Blue ink is cool I've used it a lot you can do so much with it it does dry glossy at times that's where the mat varnish is good, our dreadnought must be brothers as they have both got crushed necrons in there grasp, he he


----------



## Tymesious (May 1, 2012)

*Back Again*

Well after a lot of moving and getting myself all setup I can finally begin painting again. I also usually paint a whole lot get burned out and take a break for a bit and then come back.
So first off is a pic of the Rhino from earlier in the thread. After playing someone who had script written on their Rhino, I felt like mine needed a little too. I also added the arrow to show that it is meant for a tactical squad.


----------



## Tymesious (May 1, 2012)

*Assault Terminator*

And here is one of my Assault Terminator with a Storm Shield and Thunder Hammer. Its is only base coated at the moment, but wanted to show pictures of each stage of its development.


----------



## Tymesious (May 1, 2012)

*Day 2*

Here is the terminator by the end of today. This was my first time doing a thunder hammer and I like it, but I believe I can definitely do better. I still need to add the gold color and then I will begin my lightening the model all the way up to extreme highlights.This was also the first time I tried using the blue ink on the silver, I'm hoping by the time I am done I can make it look like the blue is reflecting off the silver. At least thats my goal.


----------



## InkedDnA (Jul 8, 2011)

Looking good so far. I definitely like the idea of adding more old to higher ranked individuals, that will for sure set them apart from just any plain marine or termie. Looking forward to seeing more of your progress.


----------



## Tymesious (May 1, 2012)

*Day 3 Finished*

All done. I don't know why but the actual finished model always looks so much better than the photo. Must be how our eyes perceive colors vs a cheap camera 
Either way I am definitely happy with it.


----------



## Tymesious (May 1, 2012)

*Army Painted So Far*

Here is what I have painted so far all together. Not a whole lot done, but it grows bit by bit.


----------



## Khorne's Fist (Jul 18, 2008)

Some nice work going on here. The scheme reminds me more of Astral Claws than smurfs, but that's no bad thing.



Tymesious said:


> Not a whole lot done, but it grows bit by bit.

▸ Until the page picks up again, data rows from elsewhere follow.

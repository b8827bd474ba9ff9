-- ===== src/Snapshot/Laws.antt =====
-- The snapshot of a range counts the events in it.
use daili_usage_keeper_north.Base.{
  ℕ, ◌+◌, ◌≡◌, ◌↔◌, refl, ap, sym, ◌∙◌, String, true, false, Option, some, List, [], ◌∷◌, foldl,
  lookup, group, lookup-group, ℤ, pos, ◌+ℤ◌, or_else, filter, length, str_eq, arith, Bool-cases,
  inl, inr, +ℤ_assoc, +ℤ_zero, zero_+ℤ,
}
use daili_usage_keeper_north.Host.{Host}
use daili_usage_keeper_north.Usage.Window.{TimeRange}
use daili_usage_keeper_north.Snapshot.{
  UsageEvent, UsageSnapshot, no_totals, tokens_of_event, add_event_to_api, add_event, filter_event,
  filter_from, is_kept, time_of_event, no_snapshot, is_whole, latest_timestamp,
  collect_usage_events, filter_usage_snapshot, threshold_of, upper_threshold_of,
}
use daili_usage_keeper_north.Snapshot.Range.{
  LiesIn, IsLatest, is_in, is_in_iff, latest_timestamp-IsLatest,
}
use daili_usage_keeper_north.Snapshot.Tally.{
  sum_of_tokens, tally, zero_plus, count_all, count_all-plus, totals_of_api, absorb-totals, bump,
  bump_tokens, HoldsAll, moved-HoldsAll, none-HoldsAll,
}

module _ (h : Host) where
  abbrev add_kept : UsageSnapshot → UsageEvent → UsageSnapshot
  add_kept s e = add_event h (or_else (time_of_event h e) (pos 0)) e s

  filter_all :
      (threshold : ℤ) (upper : Option ℤ) (s : UsageSnapshot) (es : List UsageEvent)
      → foldl (filter_event h threshold upper) s es
        ≡ foldl add_kept s (filter (is_kept h threshold upper) es)
  unfolding filter_event
  filter_all threshold upper s [] = refl
  filter_all threshold upper s (e ∷ es) = elim (Bool-cases (is_kept h threshold upper e)) [
    | inl k ↦ rw k (filter_all threshold upper (add_kept s e) es)
    | inr k ↦ rw k (filter_all threshold upper s es)
  ]

  kept_totals :
      (s : UsageSnapshot) (es : List UsageEvent)
      → (foldl add_kept s es).totals ≡ count_all s.totals es
  unfolding add_event
  kept_totals s [] = refl
  kept_totals s (e ∷ es) = kept_totals (add_kept s e) es

  kept_apis :
      (s : UsageSnapshot) (es : List UsageEvent)
      → (foldl add_kept s es).apis ≡ group add_event_to_api (λ e. e.api_name) s.apis es
  unfolding add_event group
  kept_apis s [] = refl
  kept_apis s (e ∷ es) = kept_apis (add_kept s e) es

  added-HoldsAll :
      (time : ℤ) (e : UsageEvent) (s : UsageSnapshot) (n : ℕ) (t : ℤ)
      → HoldsAll s n t
      → HoldsAll (add_event h time e s) (n + 1) (t +ℤ tokens_of_event e)
  unfolding add_event
  added-HoldsAll time e s n t c = record {
    days = bump _ s.requests_by_day ∙ ap (λ x. x + 1) c.days;
    hours = bump _ s.requests_by_hour ∙ ap (λ x. x + 1) c.hours;
    day_tokens =
        bump_tokens _ (tokens_of_event e) s.tokens_by_day
        ∙ ap (λ x. x +ℤ tokens_of_event e) c.day_tokens;
    hour_tokens =
        bump_tokens _ (tokens_of_event e) s.tokens_by_hour
        ∙ ap (λ x. x +ℤ tokens_of_event e) c.hour_tokens;
  }

  kept-HoldsAll :
      (s : UsageSnapshot) (n : ℕ) (t : ℤ) (es : List UsageEvent)
      → HoldsAll s n t
      → HoldsAll (foldl add_kept s es) (n + length es) (t +ℤ sum_of_tokens es)
  kept-HoldsAll s n t [] c =
      moved-HoldsAll s n (n + 0) t (t +ℤ pos 0) c (omega arith) (sym (+ℤ_zero t))
  kept-HoldsAll s n t (e ∷ es) c =
      moved-HoldsAll (foldl add_kept s (e ∷ es)) _ _ _ _
        (kept-HoldsAll (add_kept s e) (n + 1) (t +ℤ tokens_of_event e) es
          (added-HoldsAll (or_else (time_of_event h e) (pos 0)) e s n t c))
        (omega arith) (+ℤ_assoc t (tokens_of_event e) (sum_of_tokens es))

  -- The events of a snapshot that lie in a range.
  abbrev pub in_range : (now midnight latest : ℤ) → UsageSnapshot → TimeRange → List UsageEvent
  in_range now midnight latest usage range =
      filter (is_in h range now midnight latest) (collect_usage_events h usage)

  filtered :
      (now midnight latest : ℤ) (usage : UsageSnapshot) (range : TimeRange)
      → is_whole range ≡ false
      → latest_timestamp h (collect_usage_events h usage) ≡ some latest
      → filter_usage_snapshot h now midnight usage range
        ≡ foldl add_kept no_snapshot (in_range now midnight latest usage range)
  unfolding filter_usage_snapshot filter_from
  filtered now midnight latest usage range e k =
      rw (e, k)
        (filter_all (threshold_of range midnight latest) (upper_threshold_of range now) no_snapshot
          (collect_usage_events h usage))

  tally_of_api :
      (j : String) (es : List UsageEvent)
      → totals_of_api (lookup j (foldl add_kept no_snapshot es).apis)
        ≡ tally (filter (λ e. str_eq e.api_name j) es)
  unfolding lookup
  tally_of_api j es =
      ap (λ m. totals_of_api (lookup j m)) (kept_apis no_snapshot es)
      ∙ ap totals_of_api (lookup-group add_event_to_api (λ e. e.api_name) j [] es)
      ∙ absorb-totals (lookup j []) (filter (λ e. str_eq e.api_name j) es)
      ∙ count_all-plus no_totals (filter (λ e. str_eq e.api_name j) es)
      ∙ zero_plus (tally (filter (λ e. str_eq e.api_name j) es))

  -- The snapshot of a range other than all and custom, of a snapshot with an event whose date can be
  -- read, counts just the events in the range: its own numbers are those of these events, those of every
  -- API are those of the API's events among them, and the buckets of the days and of the hours add up to
  -- them. An event is in the range exactly when it has a date and, for today, its time is from midnight
  -- to now, or else it is no more than 4, 8, 12 or 24 hours or 7 days before the latest event's, which
  -- is the latest time of all events.
  pub filter_usage_snapshot_lem :
      (now midnight latest : ℤ) (usage : UsageSnapshot) (range : TimeRange)
      → is_whole range ≡ false
      → latest_timestamp h (collect_usage_events h usage) ≡ some latest
      → ((filter_usage_snapshot h now midnight usage range).totals
          ≡ tally (in_range now midnight latest usage range))
        × ((j : String)
            → totals_of_api (lookup j (filter_usage_snapshot h now midnight usage range).apis)
              ≡ tally
                  (filter (λ e. str_eq e.api_name j) (in_range now midnight latest usage range)))
        × HoldsAll
            (filter_usage_snapshot h now midnight usage range)
            (length (in_range now midnight latest usage range))
            (sum_of_tokens (in_range now midnight latest usage range))
        × ((e : UsageEvent)
            → (is_in h range now midnight latest e ≡ true) ↔ LiesIn h range now midnight latest e)
        × IsLatest h latest (collect_usage_events h usage)
  filter_usage_snapshot_lem now midnight latest usage range e k =
      let es = in_range now midnight latest usage range in
      rw (filtered now midnight latest usage range e k) (
        kept_totals no_snapshot es ∙ count_all-plus no_totals es ∙ zero_plus (tally es),
        (λ j. tally_of_api j es),
        moved-HoldsAll (foldl add_kept no_snapshot es) _ _ _ _
            (kept-HoldsAll no_snapshot 0 (pos 0) es none-HoldsAll) (omega arith)
            (zero_+ℤ (sum_of_tokens es)),
        (λ d. is_in_iff h range now midnight latest d e),
        latest_timestamp-IsLatest h latest (collect_usage_events h usage) k,
      )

That's the way to go, slow and steady wins the race. Why don't you try the Army Painting Challenge next year? You'd be surprised at how quickly your army grows over the 12 months. It's not too late to jump in now. You won't get the medal because you won't get the 10 entries done between now and May, but it helps stay motivated and work to a deadline.


----------



## Tymesious (May 1, 2012)

Khorne's Fist said:


> Some nice work going on here. The scheme reminds me more of Astral Claws than smurfs, but that's no bad thing.
> 
> 
> That's the way to go, slow and steady wins the race. Why don't you try the Army Painting Challenge next year? You'd be surprised at how quickly your army grows over the 12 months. It's not too late to jump in now. You won't get the medal because you won't get the 10 entries done between now and May, but it helps stay motivated and work to a deadline.


Thanks Khrone's Fist. I just looked up a pic of the Astral Claws and I can see the resemblance. If I just added more metallic and took away some of the blue. 

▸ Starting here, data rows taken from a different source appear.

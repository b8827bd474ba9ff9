-- ===== src/Snapshot/Summary.antt =====
-- The summaries and the trends of web/src/lib/usage.ts. Quotients are kept as the two numbers. An hour
-- of an event whose date cannot be read makes `toISOString` throw, which is `none`.
pub mod Laws
use daili_usage_keeper_north.Base.{
  ℕ, zero, suc, ◌+◌, ◌%◌, String, Bool, true, false, not, Option, none, some, List, [], ◌∷◌, ◌++◌,
  map, foldl, Dict, lookup, update, ℤ, pos, ◌+ℤ◌, ◌-ℤ◌, leb_ℤ, ltb_ℤ, if◌then◌else◌, or_else, sort,
  filter, length, take, text_or, get_elem?, ◌<>◌,
}
use daili_usage_keeper_north.Host.{Host}
use daili_usage_keeper_north.Usage.{format_hour_bucket_key}
use daili_usage_keeper_north.Usage.Stats.{Money}
use daili_usage_keeper_north.Page.Analysis.{from_entries}
use daili_usage_keeper_north.Page.Loader.Tabs.{PricingEntry}
use daili_usage_keeper_north.Snapshot.{
  UsageEvent, UsageSnapshot, ApiSnapshot, ModelSnapshot, SnapshotDetail, SnapshotTokens,
  tokens_of_event, time_of_event, collect_usage_events, latest_timestamp, tokens_more,
}

-- `requests_per` and `tokens_per` minute are these over the minutes of the window.
pub record RateStats : Type 0 where
  pub request_count : ℕ
  pub token_count : ℤ
  pub window_minutes : ℕ

pub record TokenBreakdown : Type 0 where
  pub input_tokens : ℤ
  pub output_tokens : ℤ
  pub reasoning_tokens : ℤ
  pub cached_tokens : ℤ

pub record EventRow : Type 0 where
  pub timestamp : String
  pub api_name : String
  pub model_name : String
  pub source : String
  pub auth_index : String
  pub failed : Bool
  pub latency_ms : ℤ
  pub tokens : SnapshotTokens

-- Whether an event is not before the start of the window.
abbrev pub is_recent_event : Host → Option ℤ → UsageEvent → Bool
is_recent_event h none e = false
is_recent_event h (some latest) e = elim (time_of_event h e) [
  | none ↦ false
  | some t ↦ leb_ℤ (latest -ℤ pos 1_800_000) t
]

unfoldable pub build_rate_stats : Host → UsageSnapshot → RateStats
unfolding collect_usage_events latest_timestamp
build_rate_stats h usage =
    let events = collect_usage_events h usage in
    let recent = filter (is_recent_event h (latest_timestamp h events)) events in
    record {
      request_count = length recent;
      token_count = foldl (λ sum e. sum +ℤ tokens_of_event e) (pos 0) recent;
      window_minutes = 30;
    }

abbrev pub no_breakdown : TokenBreakdown
no_breakdown = record {
  input_tokens = pos 0;
  output_tokens = pos 0;
  reasoning_tokens = pos 0;
  cached_tokens = pos 0;
}

unfoldable pub add_to_breakdown : TokenBreakdown → SnapshotDetail → TokenBreakdown
add_to_breakdown b d = record {
  input_tokens = b.input_tokens +ℤ d.tokens.input_tokens;
  output_tokens = b.output_tokens +ℤ d.tokens.output_tokens;
  reasoning_tokens = b.reasoning_tokens +ℤ d.tokens.reasoning_tokens;
  cached_tokens = b.cached_tokens +ℤ d.tokens.cached_tokens;
}

unfoldable pub breakdown_of_models : TokenBreakdown → Dict ModelSnapshot → TokenBreakdown
unfolding add_to_breakdown
breakdown_of_models b [] = b
breakdown_of_models b ((name, m) ∷ models) =
    breakdown_of_models (foldl add_to_breakdown b (or_else m.details [])) models

unfoldable pub breakdown_of_apis : TokenBreakdown → Dict ApiSnapshot → TokenBreakdown
unfolding breakdown_of_models
breakdown_of_apis b [] = b
breakdown_of_apis b ((name, a) ∷ apis) = breakdown_of_apis (breakdown_of_models b a.models) apis

unfoldable pub build_token_breakdown : UsageSnapshot → TokenBreakdown
unfolding breakdown_of_apis
build_token_breakdown usage = breakdown_of_apis no_breakdown usage.apis

unfoldable pub event_row : UsageEvent → EventRow
event_row e = record {
  timestamp = e.detail.timestamp;
  api_name = e.api_name;
  model_name = e.model_name;
  source = text_or e.detail.source "-";
  auth_index = text_or e.detail.auth_index "-";
  failed = e.detail.failed;
  latency_ms = e.detail.latency_ms;
  tokens = e.detail.tokens;
}

unfoldable pub build_recent_events : Host → ℕ → UsageSnapshot → List EventRow
unfolding collect_usage_events event_row
build_recent_events h limit usage = take limit (map event_row (collect_usage_events h usage))

-- `{ label, value }`, by their labels.
unfoldable pub build_trend_points {ℓ} : {V : Type ℓ} → Host → Dict V → Dict V
unfolding sort
build_trend_points h series = sort (λ a b. h.collates a.0 b.0) series

-- The hour of an event.
abbrev pub hour_of_event : Host → UsageEvent → Option String
hour_of_event h e = elim (time_of_event h e) [
  | none ↦ none
  | some t ↦ some (format_hour_bucket_key h t)
]

module _ {C : Type 0} (money : Money C) where
  abbrev pub price_map : List (PricingEntry C) → Dict (PricingEntry C)
  price_map pricing = from_entries (λ e. e.model) (λ e. e) [] pricing

  unfoldable pub calculate_event_cost : Dict (PricingEntry C) → UsageEvent → C
  unfolding lookup
  calculate_event_cost prices e = elim (lookup e.model_name prices) [
    | none ↦ money.nothing
    | some p ↦
        money.plus
          (money.plus (money.charge e.detail.tokens.input_tokens p.prompt_price_per_1m)
            (money.charge e.detail.tokens.output_tokens p.completion_price_per_1m))
          (money.charge e.detail.tokens.cached_tokens p.cache_price_per_1m)
  ]

  module _ (h : Host) where
    unfoldable pub build_cost_summary : UsageSnapshot → List (PricingEntry C) → C
    unfolding collect_usage_events calculate_event_cost from_entries
    build_cost_summary usage pricing =
        foldl (λ sum e. money.plus sum (calculate_event_cost (price_map pricing) e)) money.nothing
          (collect_usage_events h usage)

    unfoldable pub cost_buckets : Dict (PricingEntry C) → Dict C → List UsageEvent → Option (Dict C)
    unfolding calculate_event_cost update
    cost_buckets prices m [] = some m
    cost_buckets prices m (e ∷ es) = elim (hour_of_event h e) [
      | none ↦ none
      | some hour ↦
          cost_buckets prices
            (update hour (λ o. money.plus (or_else o money.nothing) (calculate_event_cost prices e))
              m)
            es
    ]

    unfoldable pub build_cost_trend_points : UsageSnapshot → List (PricingEntry C) → Option (Dict C)
    unfolding cost_buckets build_trend_points collect_usage_events from_entries
    build_cost_trend_points usage pricing =
        elim (cost_buckets (price_map pricing) [] (collect_usage_events h usage)) [
          | none ↦ none
          | some buckets ↦ some (build_trend_points h buckets)
        ]

pub data Dimension : Type 0 where
  by_api by_model : Dimension

pub data SeriesMetric : Type 0 where
  requests_metric tokens_metric : SeriesMetric

pub record TrendSeries : Type 0 where
  pub key : String
  pub color : String
  pub points : Dict ℤ

abbrev pub series_colors : List String
series_colors =
    "#2563eb" ∷ "#7c3aed" ∷ "#10b981" ∷ "#f97316" ∷ "#dc2626" ∷ "#0891b2" ∷ "#f59e0b" ∷ []

abbrev pub dimension_key : Dimension → UsageEvent → String
dimension_key by_api e = e.api_name
dimension_key by_model e = e.model_name

abbrev pub metric_value : SeriesMetric → UsageEvent → ℤ
metric_value requests_metric e = pos 1
metric_value tokens_metric e = tokens_of_event e

abbrev pub sum_of_points : Dict ℤ → ℤ
sum_of_points [] = pos 0
sum_of_points ((label, n) ∷ m) = n +ℤ sum_of_points m

module _ (h : Host) (dimension : Dimension) (metric : SeriesMetric) where
  unfoldable pub group_series : Dict (Dict ℤ) → List UsageEvent → Option (Dict (Dict ℤ))
  unfolding update
  group_series m [] = some m
  group_series m (e ∷ es) = elim (hour_of_event h e) [
    | none ↦ none
    | some hour ↦
        group_series
          (update (dimension_key dimension e)
            (λ o. update hour (tokens_more (metric_value metric e)) (or_else o [])) m)
          es
  ]

  abbrev pub series_from : ℕ → Dict (Dict ℤ) → List TrendSeries
  series_from index [] = []
  series_from index ((key, points) ∷ m) =
      record {
        key = key;
        color = or_else (get_elem? series_colors (index % 7)) "";
        points = build_trend_points h points;
      }
      ∷ series_from (index + 1) m

  -- `buildSeriesTrends` for a dimension other than `all`: the five largest series.
  unfoldable pub build_series_trends : UsageSnapshot → Option (List TrendSeries)
  unfolding collect_usage_events group_series build_trend_points sort
  build_series_trends usage = elim (group_series [] (collect_usage_events h usage)) [
    | none ↦ none
    | some grouped ↦ some (
        take 5 (
          sort (λ a b. leb_ℤ (sum_of_points b.points) (sum_of_points a.points))
            (series_from 0 grouped)))
  ]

I thought about entering before and maybe I will for next years, I just havent before because my time for painting can be erratic so it can be difficult to meet those deadlines, plus I dont want to take away the fun of painting by adding a potential stressful deadline ;P


----------



## Tymesious (May 1, 2012)

*Drop Pod*

Decided to work on a Drop Pod today, even though I don't really enjoy painting the vehicles. I primarily play with drop pods and it has never felt right dropping them in unpainted. Its only base coated at the moment and I still have more of that to do. I'll post my progress in a few days.


----------



## Tymesious (May 1, 2012)

*Everything Unpainted*

Here is a photo of everything I still have to paint. There is always more...


----------



## Tymesious (May 1, 2012)

*Update on Drop Pod*

So here is the Drop Pod. I have inked all the blue base coat, finished adding all the brown base coat, and have begun adding the metallic colors.


----------



## Iraqiel (May 21, 2008)

Loving the alternative take on Ultramarines colours here, it does a lot to make them look brighter and 'heroic'. Keep it up!

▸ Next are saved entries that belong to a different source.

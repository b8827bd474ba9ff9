-- ===== src/Snapshot/Summary/Laws.antt =====
-- The token breakdown of a snapshot is that of its events.
use daili_usage_keeper_north.Base.{
  ◌≡◌, refl, ap, sym, ◌∙◌, String, List, [], ◌∷◌, ◌++◌, map, foldl, Dict, ℤ, ◌+ℤ◌, or_else,
  int_laws, arith, foldl-sort,
}
use daili_usage_keeper_north.Host.{Host}
use daili_usage_keeper_north.Snapshot.{
  UsageEvent, UsageSnapshot, ApiSnapshot, ModelSnapshot, SnapshotDetail, events_of_models,
  events_of_apis, collect_usage_events, not_after, time_of_event,
}
use daili_usage_keeper_north.Snapshot.Summary.{
  TokenBreakdown, no_breakdown, add_to_breakdown, breakdown_of_models, breakdown_of_apis,
  build_token_breakdown,
}

-- The breakdown of some events.
abbrev pub breakdown_of_events : TokenBreakdown → List UsageEvent → TokenBreakdown
breakdown_of_events b es = foldl (λ c e. add_to_breakdown c e.detail) b es

abbrev rows : String → String → ModelSnapshot → List UsageEvent
rows a m s = map (λ d. record { detail = d; api_name = a; model_name = m }) (or_else s.details [])

named :
    (a m : String) (b : TokenBreakdown) (ds : List SnapshotDetail)
    → foldl add_to_breakdown b ds
      ≡ breakdown_of_events b (map (λ d. record { detail = d; api_name = a; model_name = m }) ds)
named a m b [] = refl
named a m b (d ∷ ds) = named a m (add_to_breakdown b d) ds

events_append :
    (b : TokenBreakdown) (xs ys : List UsageEvent)
    → breakdown_of_events (breakdown_of_events b xs) ys ≡ breakdown_of_events b (xs ++ ys)
events_append b [] ys = refl
events_append b (x ∷ xs) ys = events_append (add_to_breakdown b x.detail) xs ys

models_flat :
    (a : String) (b : TokenBreakdown) (models : Dict ModelSnapshot)
    → breakdown_of_models b models ≡ breakdown_of_events b (events_of_models a models)
unfolding breakdown_of_models events_of_models
models_flat a b [] = refl
models_flat a b ((m, s) ∷ models) =
    ap (λ c. breakdown_of_models c models) (named a m b (or_else s.details []))
    ∙ models_flat a (breakdown_of_events b (rows a m s)) models
    ∙ events_append b (rows a m s) (events_of_models a models)

apis_flat :
    (b : TokenBreakdown) (apis : Dict ApiSnapshot)
    → breakdown_of_apis b apis ≡ breakdown_of_events b (events_of_apis apis)
unfolding breakdown_of_apis events_of_apis
apis_flat b [] = refl
apis_flat b ((a, s) ∷ apis) =
    ap (λ c. breakdown_of_apis c apis) (models_flat a b s.models)
    ∙ apis_flat (breakdown_of_events b (events_of_models a s.models)) apis
    ∙ events_append b (events_of_models a s.models) (events_of_apis apis)

swap_sum : (a b c : ℤ) → a +ℤ b +ℤ c ≡ a +ℤ c +ℤ b
swap_sum a b c = omega int_laws

swap_rows :
    (b : TokenBreakdown) (d e : SnapshotDetail)
    → add_to_breakdown (add_to_breakdown b d) e ≡ add_to_breakdown (add_to_breakdown b e) d
unfolding add_to_breakdown
swap_rows b d e = ground (
  arith,
  swap_sum b.input_tokens d.tokens.input_tokens e.tokens.input_tokens,
  swap_sum b.output_tokens d.tokens.output_tokens e.tokens.output_tokens,
  swap_sum b.reasoning_tokens d.tokens.reasoning_tokens e.tokens.reasoning_tokens,
  swap_sum b.cached_tokens d.tokens.cached_tokens e.tokens.cached_tokens,
)

-- The breakdown of the tokens of a snapshot, which goes through its APIs and models, is the sum over the
-- events that are collected from it, in whatever order their dates put them.
build_token_breakdown_lem :
    (h : Host) (usage : UsageSnapshot)
    → build_token_breakdown usage ≡ breakdown_of_events no_breakdown (collect_usage_events h usage)
unfolding build_token_breakdown collect_usage_events
build_token_breakdown_lem h usage =
    apis_flat no_breakdown usage.apis
    ∙ sym (
        foldl-sort (λ a b. not_after (time_of_event h a) (time_of_event h b))
          (λ c e. add_to_breakdown c e.detail) (λ b x y. swap_rows b x.detail y.detail) no_breakdown
          (events_of_apis usage.apis))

If I could make a suggestion though, get a hand drill and start drilling out weapon barrels. You'd be amazed at how much better things look then, if you are looking down the muzzle at the model.


----------



## Tymesious (May 1, 2012)

Iraqiel said:


> If I could make a suggestion though, get a hand drill and start drilling out weapon barrels. You'd be amazed at how much better things look then, if you are looking down the muzzle at the model.


Thank you Iraqiel, I just didnt like the all blue of regular Ultramarines with nothing to break it up. 
Since the first photos in the thread were taken I have invested in a hand drill and have gone back and drilled out the barrels, I just havent put up any photos of a unit caring range weapons recently.


----------



## Ddraig Cymry (Dec 30, 2012)

I actually don't mind these brighter colors, especially all the gold, it makes them look more regal. Good job


----------



## Tymesious (May 1, 2012)

*Drop Pod 3*

Added a lot of the gold coloring to the inside of the drop pod. Once I get all of the gold done I'll wash it all in Agrax Earthshade.


----------



## Tymesious (May 1, 2012)

*Back Again X2*

Well finally got to some painting now that the holidays are over with. First up is an update to the drop pod I have been working on. I have finished the blue on the outside and am now starting to work on washes and other details, then I'll move on to highlights.


----------



## Tymesious (May 1, 2012)

*Custom Sergeant*

I put this one together from an old Assault on Black Reach set and some extra pieces lying around. I just love that fact that he has 2 chainswords. I'll probably start painting him in the next few days.

Also I believe that is the very first miniature I ever painted, now he gets an upgrade.


----------



## Tymesious (May 1, 2012)

*Sergeant Finished*

Finished up the Sergeant and I'm happy with how it came out, just wish my pictures were better  I left the red stripe on top of his head to show his rank instead of the full red helmets.


----------



## whittsy (Feb 8, 2013)

Somehow, you've managed to capture the "regal-ness" of the Ultramarine chapter. They all look proud to be space marines (to me anyway). Great work. +rep (they look better than my brothers Ultramarines too!) >_>


----------